▸ EXERCISE PROMPT
Output exactly those lines of the data that lie between the line containing "unfolding diff_of" and the final line, both ends counted.

┏━━

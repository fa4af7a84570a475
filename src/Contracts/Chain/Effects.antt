-- ===== src/Contracts/Chain/Effects.antt =====
-- What a diff does to what is stored of its contract, said without a transaction.
use indexd.Base.{ℕ, ◌≡◌, Bool, true, false, Option, none, some, List, [], ◌∷◌, ◌==◌, if◌then◌else◌}
use indexd.Contracts.Contract.{pending, active, resolved}
use indexd.Contracts.ChainTx.{Element, Resolution, renewal, Diff, Row, at_key, renewed_row, newest}

-- The change of the row, the element that is written, and whether the element is deleted.
pub record Effect : Type 0 where
  pub on_row : Row → Row
  pub written : Option Element
  pub removed : Bool

abbrev pub resolved_row : (ℕ → Bool) → ℕ → Resolution → Row → Row
resolved_row known renewed_id renewal row =
    renewed_row known (some renewed_id) (record row { state = resolved })
resolved_row known renewed_id _ row = record row { state = resolved }

abbrev pub restored_row : Resolution → Row → Row
restored_row renewal row = record { state = active; renewed_to = none }
restored_row _ row = record row { state = active }

-- A contract is formed, resolved or revised.
unfoldable pub applied_case : (ℕ → Bool) → (ℕ → ℕ) → Diff → Bool → Option Resolution → Effect
applied_case known v2_renewal_id diff true _ = record {
  on_row = λ row. record row { state = active };
  written = some diff.element;
  removed = false;
}
applied_case known v2_renewal_id diff false (some r) = record {
  on_row = resolved_row known (v2_renewal_id diff.element.id) r;
  written = none;
  removed = true;
}
applied_case known v2_renewal_id diff false none = record {
  on_row = λ row. row;
  written = some (newest diff.revision_element diff.element);
  removed = false;
}

abbrev pub apply_effect : (ℕ → Bool) → (ℕ → ℕ) → Diff → Effect
apply_effect known v2_renewal_id diff =
    applied_case known v2_renewal_id diff diff.created diff.resolution

-- A contract is no longer formed, resolved or revised.
unfoldable pub reverted_case : Diff → Bool → Option Resolution → Effect
reverted_case diff true _ = record {
  on_row = λ row. record row { state = pending };
  written = none;
  removed = true;
}
reverted_case diff false (some r) = record {
  on_row = restored_row r;
  written = some diff.element;
  removed = false;
}
reverted_case diff false none = record {
  on_row = λ row. row;
  written = some diff.element;
  removed = false;
}

abbrev pub revert_effect : Diff → Effect
revert_effect diff = reverted_case diff diff.created diff.resolution

-- The diff of a contract.
unfoldable pub diff_of : List Diff → ℕ → Option Diff
diff_of [] k = none
diff_of (d ∷ diffs) k = let rest = diff_of diffs k in if k == d.element.id then some d else rest

-- Each contract has one diff at most, and a revision is one of the diff's contract.
unfoldable pub OnePerContract : List Diff → Type 0
unfolding diff_of
OnePerContract [] = Unit
OnePerContract (d ∷ diffs) =
    (diff_of diffs d.element.id ≡ none)
    × ((newest d.revision_element d.element).id ≡ d.element.id)
    × OnePerContract diffs

abbrev pub or_else : {A : Type 0} → Option A → Option A → Option A
or_else none a = a
or_else (some b) a = some b

abbrev pub no_effect : Effect
no_effect = record { on_row = λ row. row; written = none; removed = false }

-- The effect on a contract that may have no diff.
abbrev pub effect_at : (Diff → Effect) → Option Diff → Effect
effect_at effect none = no_effect
effect_at effect (some d) = effect d

abbrev pub row_after : Effect → Option Row → Option Row
row_after effect row = at_key effect.on_row row

-- Of an element, if its contract is known.
abbrev pub element_after : Bool → Effect → Option Element → Option Element
element_after known effect e =
    if known then (if effect.removed then none else or_else effect.written e) else e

┗━━

▸ ANSWER SECTION
unfolding diff_of
OnePerContract [] = Unit
OnePerContract (d ∷ diffs) =
    (diff_of diffs d.element.id ≡ none)
    × ((newest d.revision_element d.element).id ≡ d.element.id)
    × OnePerContract diffs

abbrev pub or_else : {A : Type 0} → Option A → Option A → Option A
or_else none a = a
or_else (some b) a = some b

abbrev pub no_effect : Effect
no_effect = record { on_row = λ row. row; written = none; removed = false }

-- The effect on a contract that may have no diff.
abbrev pub effect_at : (Diff → Effect) → Option Diff → Effect
effect_at effect none = no_effect
effect_at effect (some d) = effect d

abbrev pub row_after : Effect → Option Row → Option Row
row_after effect row = at_key effect.on_row row

-- Of an element, if its contract is known.
abbrev pub element_after : Bool → Effect → Option Element → Option Element
element_after known effect e =
    if known then (if effect.removed then none else or_else effect.written e) else e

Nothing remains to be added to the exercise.